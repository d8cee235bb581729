-- ===== src/Security/SecurityDetector/Context.antt =====
-- The checks of src/security/security_detector.cpp that look at the ports or the services as a
-- whole. A flag that a loop sets is a loop of its own.
use slipnet.Prelude.{
  ℕ, ◌+◌, Bool, false, not, ◌&&◌, ◌||◌, List, [], ◌∷◌, ◌++◌, leb, if◌then◌else◌, Bytes, codes,
  eq_bytes, is_empty,
}
use slipnet.Prelude.Int.{ℤ, pos, eq_int}
use slipnet.Prelude.Decimal.{int_to_string, to_string}
use slipnet.Core.NetworkState.{PortInfo, ServiceInfo}
use slipnet.Security.SecurityDetector.Alerts.{Alert, contains_insensitive, add_alert}

-- A flag that is set at an open port of the number.
unfoldable pub saw_open : ℤ → Bool → List PortInfo → Bool
saw_open n flag [] = flag
saw_open n flag (port ∷ ports) = saw_open n (flag || (port.is_open && eq_int port.port n)) ports

unfoldable pub check_file_sharing : Bytes → List PortInfo → List Alert → List Alert
unfolding saw_open
check_file_sharing ip ports alerts =
    let smb =
      if saw_open (pos 445) false ports
      then add_alert alerts (codes "SMB_EXPOSED")
          (codes "SMB is exposed on "
            ++ (ip
                ++ codes
                    " through TCP port 445. File-sharing services should be restricted to trusted networks."))
          3
      else alerts in
    if saw_open (pos 139) false ports
    then add_alert smb (codes "NETBIOS_EXPOSED")
        (codes "NetBIOS session service is exposed on " ++ (ip ++ codes " through TCP port 139.")) 2
    else smb

unfoldable pub on_service : Bytes → ServiceInfo → List Alert → List Alert
on_service ip service alerts =
    if not (eq_bytes service.ip ip)
    then alerts
    else if is_empty service.service
    then alerts
    else if contains_insensitive service.service (codes "telnet")
    then add_alert alerts (codes "LEGACY_SERVICE_DETECTED")
        (codes "Service detection identified Telnet on "
          ++ (ip ++ (codes " port " ++ (int_to_string service.port ++ codes "."))))
        3
    else alerts

unfoldable pub check_service_exposure : Bytes → List ServiceInfo → List Alert → List Alert
unfolding on_service
check_service_exposure ip [] alerts = alerts
check_service_exposure ip (service ∷ services) alerts =
    check_service_exposure ip services (on_service ip service alerts)

-- The inner loop: whether an open port has the number of the service.
unfoldable pub matching_open_port : ℤ → List PortInfo → Bool
matching_open_port n [] = false
matching_open_port n (port ∷ ports) =
    (port.is_open && eq_int port.port n) || matching_open_port n ports

unfoldable pub on_consistency : Bytes → List PortInfo → ServiceInfo → List Alert → List Alert
unfolding matching_open_port
on_consistency ip ports service alerts =
    if not (eq_bytes service.ip ip)
    then alerts
    else if not (matching_open_port service.port ports)
    then add_alert alerts (codes "SERVICE_STATE_MISMATCH")
        (codes "Service information reports "
          ++ (service.service
              ++ (codes " on port "
                  ++ (int_to_string service.port
                      ++ codes ", but the corresponding port is not currently recorded as open."))))
        1
    else alerts

unfoldable pub check_service_port_consistency :
    Bytes → List PortInfo → List ServiceInfo → List Alert → List Alert
unfolding on_consistency
check_service_port_consistency ip ports [] alerts = alerts
check_service_port_consistency ip ports (service ∷ services) alerts =
    check_service_port_consistency ip ports services (on_consistency ip ports service alerts)

unfoldable pub count_open : ℕ → List PortInfo → ℕ
count_open open_ports [] = open_ports
count_open open_ports (port ∷ ports) =
    count_open (if port.is_open then open_ports + 1 else open_ports) ports

unfoldable pub check_attack_surface : Bytes → List PortInfo → List Alert → List Alert
unfolding count_open
check_attack_surface ip ports alerts =
    let open_ports = count_open 0 ports in
    if leb 20 open_ports
    then add_alert alerts (codes "VERY_LARGE_ATTACK_SURFACE")
        (codes "Host "
          ++ (ip
              ++ (codes " has "
                  ++ (to_string open_ports
                      ++ codes
                          " open TCP ports. Review whether all exposed services are required."))))
        3
    else if leb 10 open_ports
    then add_alert alerts (codes "LARGE_ATTACK_SURFACE")
        (codes "Host "
          ++ (ip
              ++ (codes " has "
                  ++ (to_string open_ports
                      ++ codes
                          " open TCP ports. Reducing unnecessary exposed services can reduce attack surface."))))
        2
    else alerts

-- `static_cast<int>` of a flag.
abbrev pub flag : Bool → ℕ
flag b = if b then 1 else 0

unfoldable pub administrative_services : List PortInfo → ℕ
unfolding saw_open
administrative_services ports =
    flag (saw_open (pos 22) false ports)
    + flag (saw_open (pos 3389) false ports)
    + flag (saw_open (pos 445) false ports)
    + flag (saw_open (pos 5900) false ports)

unfoldable pub check_administrative_exposure : Bytes → List PortInfo → List Alert → List Alert
unfolding administrative_services
check_administrative_exposure ip ports alerts =
    if leb 2 (administrative_services ports)
    then add_alert alerts (codes "MULTIPLE_ADMIN_SERVICES")
        (codes "Host "
          ++ (ip
              ++ codes
                  " exposes multiple administrative or remote-management services. Review access controls and minimize unnecessary remote administration interfaces."))
        2
    else alerts
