-- ===== src/Security/SecurityDetector/Analyze.antt =====
-- `SecurityDetector::analyze` of src/security/security_detector.cpp. `std::sort` is a parameter:
-- the order in which it leaves alerts that compare equal is not specified.
use mathlib.Core.List.{Permᴰ}
use slipnet.Prelude.{
  ◌≡◌, Bool, true, false, not, List, [], ◌∷◌, ltb, ◌==◌, refl, arith, if◌then◌else◌, Bytes,
}
use slipnet.Core.NetworkState.{PortInfo, ServiceInfo}
use slipnet.Security.SecurityDetector.Alerts.{Alert}
use slipnet.Security.SecurityDetector.Exposure.{
  check_legacy_protocols, check_exposed_databases, check_remote_administration,
  check_management_services, check_cleartext_services, check_high_risk_services,
}
use slipnet.Security.SecurityDetector.Context.{
  check_file_sharing, check_service_exposure, check_service_port_consistency, check_attack_surface,
  check_administrative_exposure,
}

-- `operator<` on two strings, by bytes.
unfoldable pub lt_bytes : Bytes → Bytes → Bool
lt_bytes [] [] = false
lt_bytes [] (y ∷ ys) = true
lt_bytes (x ∷ xs) [] = false
lt_bytes (x ∷ xs) (y ∷ ys) = if x == y then lt_bytes xs ys else ltb x y

pub lt_bytes_asym : (xs ys : Bytes) → lt_bytes xs ys ≡ true → lt_bytes ys xs ≡ false
unfolding lt_bytes
lt_bytes_asym [] [] h = refl
lt_bytes_asym [] (y ∷ ys) h = refl
lt_bytes_asym (x ∷ xs) [] h = absurd (cc h)
lt_bytes_asym (x ∷ xs) (y ∷ ys) h = ground (arith, lt_bytes_asym xs ys)

-- The comparison handed to `std::sort`.
unfoldable pub before : Alert → Alert → Bool
unfolding lt_bytes
before left right =
    if not (left.severity == right.severity)
    then ltb right.severity left.severity
    else lt_bytes left.type right.type

-- No alert stands directly behind one that it should stand before.
abbrev pub InOrder : List Alert → Type 0
InOrder [] = Unit
InOrder (a ∷ []) = Unit
InOrder (a ∷ (b ∷ rest)) = (before b a ≡ false) × InOrder (b ∷ rest)

-- What the standard says of `std::sort` with this comparison: the same alerts, in order.
pub record IsSort (sort : List Alert → List Alert) : Type 0 where
  pub same_alerts : (alerts : List Alert) → Permᴰ alerts (sort alerts)
  pub in_order : (alerts : List Alert) → InOrder (sort alerts)

-- The alerts before they are sorted.
unfoldable pub collect : Bytes → List PortInfo → List ServiceInfo → List Alert
collect ip ports services =
    let a1 = check_legacy_protocols ip ports [] in
    let a2 = check_exposed_databases ip ports a1 in
    let a3 = check_remote_administration ip ports a2 in
    let a4 = check_management_services ip ports a3 in
    let a5 = check_file_sharing ip ports a4 in
    let a6 = check_cleartext_services ip ports a5 in
    let a7 = check_high_risk_services ip ports a6 in
    let a8 = check_service_exposure ip services a7 in
    let a9 = check_service_port_consistency ip ports services a8 in
    let a10 = check_attack_surface ip ports a9 in check_administrative_exposure ip ports a10

module _ (sort : List Alert → List Alert) where
  unfoldable pub analyze : Bytes → List PortInfo → List ServiceInfo → List Alert
  unfolding collect
  analyze ip ports services = sort (collect ip ports services)
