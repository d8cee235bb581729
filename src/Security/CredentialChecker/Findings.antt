-- ===== src/Security/CredentialChecker/Findings.antt =====
-- The findings of include/security/credential_checker.hpp, and how src/security/credential_checker.cpp
-- makes one.
use slipnet.Prelude.{ℕ, if◌then◌else◌, Bytes}
use slipnet.Prelude.Int.{ℤ, pos, lt_int}
use slipnet.Core.NetworkState.{ServiceInfo}

pub data CredentialRisk : Type 0 where
  info : CredentialRisk
  low : CredentialRisk
  medium : CredentialRisk
  high : CredentialRisk
  critical : CredentialRisk

-- `static_cast<int>` of a risk.
abbrev pub risk_code : CredentialRisk → ℕ
risk_code CredentialRisk.info = 0
risk_code CredentialRisk.low = 1
risk_code CredentialRisk.medium = 2
risk_code CredentialRisk.high = 3
risk_code CredentialRisk.critical = 4

pub record CredentialFinding : Type 0 where
  pub host : Bytes
  pub port : ℤ
  pub service : Bytes
  pub version : Bytes
  pub id : Bytes
  pub title : Bytes
  pub description : Bytes
  pub evidence : Bytes
  pub remediation : Bytes
  pub risk : CredentialRisk
  pub confidence : ℤ

abbrev min_int : ℤ → ℤ → ℤ
min_int a b = if lt_int b a then b else a

abbrev max_int : ℤ → ℤ → ℤ
max_int a b = if lt_int a b then b else a

abbrev pub make_finding :
    ServiceInfo → CredentialRisk → Bytes → Bytes → Bytes → Bytes → Bytes → ℤ → CredentialFinding
make_finding service risk id title description evidence remediation confidence = record {
  host = service.ip;
  port = service.port;
  service = service.service;
  version = service.version;
  id = id;
  title = title;
  description = description;
  evidence = evidence;
  remediation = remediation;
  risk = risk;
  confidence = max_int (pos 0) (min_int (pos 100) confidence);
}
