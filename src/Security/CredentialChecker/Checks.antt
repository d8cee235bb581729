-- ===== src/Security/CredentialChecker/Checks.antt =====
-- The checks of src/security/credential_checker.cpp, one service at a time.
use slipnet.Prelude.{List, [], ◌∷◌, ◌++◌, if◌then◌else◌, codes}
use slipnet.Prelude.Int.{pos, eq_int}
use slipnet.Core.NetworkState.{ServiceInfo}
use slipnet.Security.CredentialChecker.Findings.{CredentialFinding, make_finding}
use slipnet.Security.CredentialChecker.Findings.CredentialRisk.{low, medium, high, critical}

unfoldable pub check_plaintext_authentication :
    ServiceInfo → List CredentialFinding → List CredentialFinding
check_plaintext_authentication service findings =
    if eq_int service.port (pos 21)
    then findings
      ++ make_finding service high (codes "SLP-CRED-FTP")
          (codes "FTP authentication may expose credentials")
          (codes
            "Traditional FTP does not provide transport encryption by itself. Authentication material may therefore be transmitted without protection.")
          (codes "TCP/21 is reachable and identified as FTP.")
          (codes "Prefer SFTP or FTPS and restrict FTP access to trusted network segments.")
          (pos 95)
        ∷ []
    else if eq_int service.port (pos 23)
    then findings
      ++ make_finding service critical (codes "SLP-CRED-TELNET")
          (codes "Telnet authentication may expose credentials")
          (codes
            "Telnet provides no native transport encryption. Credentials and session traffic may be exposed to network observers.")
          (codes "TCP/23 is reachable.")
          (codes "Disable Telnet and use SSH or another encrypted remote administration protocol.")
          (pos 98)
        ∷ []
    else if eq_int service.port (pos 25)
    then findings
      ++ make_finding service medium (codes "SLP-CRED-SMTP") (codes "SMTP authentication exposure")
          (codes
            "SMTP services may support authentication over unencrypted or improperly protected connections.")
          (codes "TCP/25 is reachable and may provide SMTP service.")
          (codes
            "Require TLS for authenticated SMTP sessions and disable insecure authentication mechanisms.")
          (pos 80)
        ∷ []
    else if eq_int service.port (pos 110)
    then findings
      ++ make_finding service high (codes "SLP-CRED-POP3")
          (codes "POP3 authentication may expose credentials")
          (codes
            "Traditional POP3 does not inherently protect authentication traffic with encryption.")
          (codes "TCP/110 is reachable.")
          (codes "Prefer POP3S or enforce STARTTLS with secure authentication policies.") (pos 92)
        ∷ []
    else if eq_int service.port (pos 143)
    then findings
      ++ make_finding service high (codes "SLP-CRED-IMAP")
          (codes "IMAP authentication may expose credentials")
          (codes "Traditional IMAP can expose authentication material when TLS is not enforced.")
          (codes "TCP/143 is reachable.")
          (codes "Require TLS/STARTTLS and disable insecure authentication where possible.")
          (pos 90)
        ∷ []
    else findings

unfoldable pub check_remote_authentication_exposure :
    ServiceInfo → List CredentialFinding → List CredentialFinding
check_remote_authentication_exposure service findings =
    if eq_int service.port (pos 22)
    then findings
      ++ make_finding service low (codes "SLP-CRED-SSH")
          (codes "SSH authentication surface exposed")
          (codes
            "SSH provides encrypted authentication, but an exposed remote authentication service increases the authentication attack surface.")
          (codes "TCP/22 is reachable and identified as SSH.")
          (codes
            "Restrict SSH access using firewall rules, VPN access, key-based authentication and appropriate rate-limiting controls.")
          (pos 90)
        ∷ []
    else if eq_int service.port (pos 3389)
    then findings
      ++ make_finding service high (codes "SLP-CRED-RDP")
          (codes "RDP authentication surface exposed")
          (codes
            "Remote Desktop exposes a remote authentication interface that should normally be restricted to trusted networks.")
          (codes "TCP/3389 is reachable.")
          (codes
            "Restrict RDP through VPN or firewall policies and enforce strong authentication controls.")
          (pos 94)
        ∷ []
    else if eq_int service.port (pos 445)
    then findings
      ++ make_finding service high (codes "SLP-CRED-SMB")
          (codes "SMB authentication surface exposed")
          (codes
            "SMB provides a network authentication surface that can increase credential-related attack risk when exposed to untrusted networks.")
          (codes "TCP/445 is reachable.")
          (codes "Restrict SMB to trusted networks and enforce modern SMB security policies.")
          (pos 93)
        ∷ []
    else findings

unfoldable pub check_database_authentication_exposure :
    ServiceInfo → List CredentialFinding → List CredentialFinding
check_database_authentication_exposure service findings =
    if eq_int service.port (pos 3306)
    then findings
      ++ make_finding service high (codes "SLP-CRED-MYSQL")
          (codes "MySQL authentication endpoint exposed")
          (codes
            "A remotely reachable database authentication service increases the risk of credential attacks and unauthorized database access.")
          (codes "TCP/3306 is reachable.")
          (codes
            "Restrict MySQL access to trusted application hosts and require strong authentication.")
          (pos 93)
        ∷ []
    else if eq_int service.port (pos 5432)
    then findings
      ++ make_finding service high (codes "SLP-CRED-POSTGRES")
          (codes "PostgreSQL authentication endpoint exposed")
          (codes
            "A remotely reachable PostgreSQL authentication service increases the database attack surface.")
          (codes "TCP/5432 is reachable.")
          (codes
            "Restrict PostgreSQL access using network controls and strong authentication policies.")
          (pos 93)
        ∷ []
    else if eq_int service.port (pos 6379)
    then findings
      ++ make_finding service high (codes "SLP-CRED-REDIS")
          (codes "Redis authentication surface exposed")
          (codes
            "An exposed Redis service may present a serious authentication and unauthorized-access risk depending on its configuration.")
          (codes "TCP/6379 is reachable.")
          (codes
            "Restrict Redis to trusted hosts and enforce authentication and network access controls.")
          (pos 90)
        ∷ []
    else if eq_int service.port (pos 27017)
    then findings
      ++ make_finding service high (codes "SLP-CRED-MONGO")
          (codes "MongoDB authentication surface exposed")
          (codes
            "A remotely reachable MongoDB service increases the risk of unauthorized database access when authentication or network controls are weak.")
          (codes "TCP/27017 is reachable.")
          (codes
            "Restrict MongoDB access and enforce authentication with appropriate network segmentation.")
          (pos 90)
        ∷ []
    else findings
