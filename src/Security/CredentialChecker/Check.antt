-- ===== src/Security/CredentialChecker/Check.antt =====
-- `CredentialChecker::check` of src/security/credential_checker.cpp. `std::sort` is a parameter: the
-- order in which it leaves findings that compare equal is not specified.
use slipnet.Prelude.{Bool, not, List, [], ◌∷◌, ltb, ◌==◌, if◌then◌else◌, eq_bytes}
use slipnet.Prelude.Int.{lt_int}
use slipnet.Core.NetworkState.{ServiceInfo}
use slipnet.Security.SecurityDetector.Analyze.{lt_bytes}
use slipnet.Security.CredentialChecker.Findings.{CredentialFinding, risk_code}
use slipnet.Security.CredentialChecker.Checks.{
  check_plaintext_authentication, check_remote_authentication_exposure,
  check_database_authentication_exposure,
}

-- One round of the loop over the services.
unfoldable pub check_service : ServiceInfo → List CredentialFinding → List CredentialFinding
check_service service findings =
    let f1 = check_plaintext_authentication service findings in
    let f2 = check_remote_authentication_exposure service f1 in
    check_database_authentication_exposure service f2

unfoldable pub check_services : List ServiceInfo → List CredentialFinding → List CredentialFinding
unfolding check_service
check_services [] findings = findings
check_services (service ∷ services) findings =
    check_services services (check_service service findings)

-- The comparison handed to `std::sort`.
unfoldable pub before : CredentialFinding → CredentialFinding → Bool
before a b =
    if not (risk_code a.risk == risk_code b.risk)
    then ltb (risk_code b.risk) (risk_code a.risk)
    else if not (eq_bytes a.host b.host)
    then lt_bytes a.host b.host
    else lt_int a.port b.port

module _ (sort : List CredentialFinding → List CredentialFinding) where
  unfoldable pub check : List ServiceInfo → List CredentialFinding
  unfolding check_services
  check services = sort (check_services services [])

# # #

— PROBLEM STATEMENT —
Starting at the line above that contains "pub title : Bytes", repeat each line exactly up to and including the line that contains "abbrev max_int : ℤ → ℤ → ℤ", and stop there.

— EXERCISE RESULT —
  pub title : Bytes
  pub description : Bytes
  pub evidence : Bytes
  pub remediation : Bytes
  pub risk : CredentialRisk
  pub confidence : ℤ

abbrev min_int : ℤ → ℤ → ℤ
min_int a b = if lt_int b a then b else a

abbrev max_int : ℤ → ℤ → ℤ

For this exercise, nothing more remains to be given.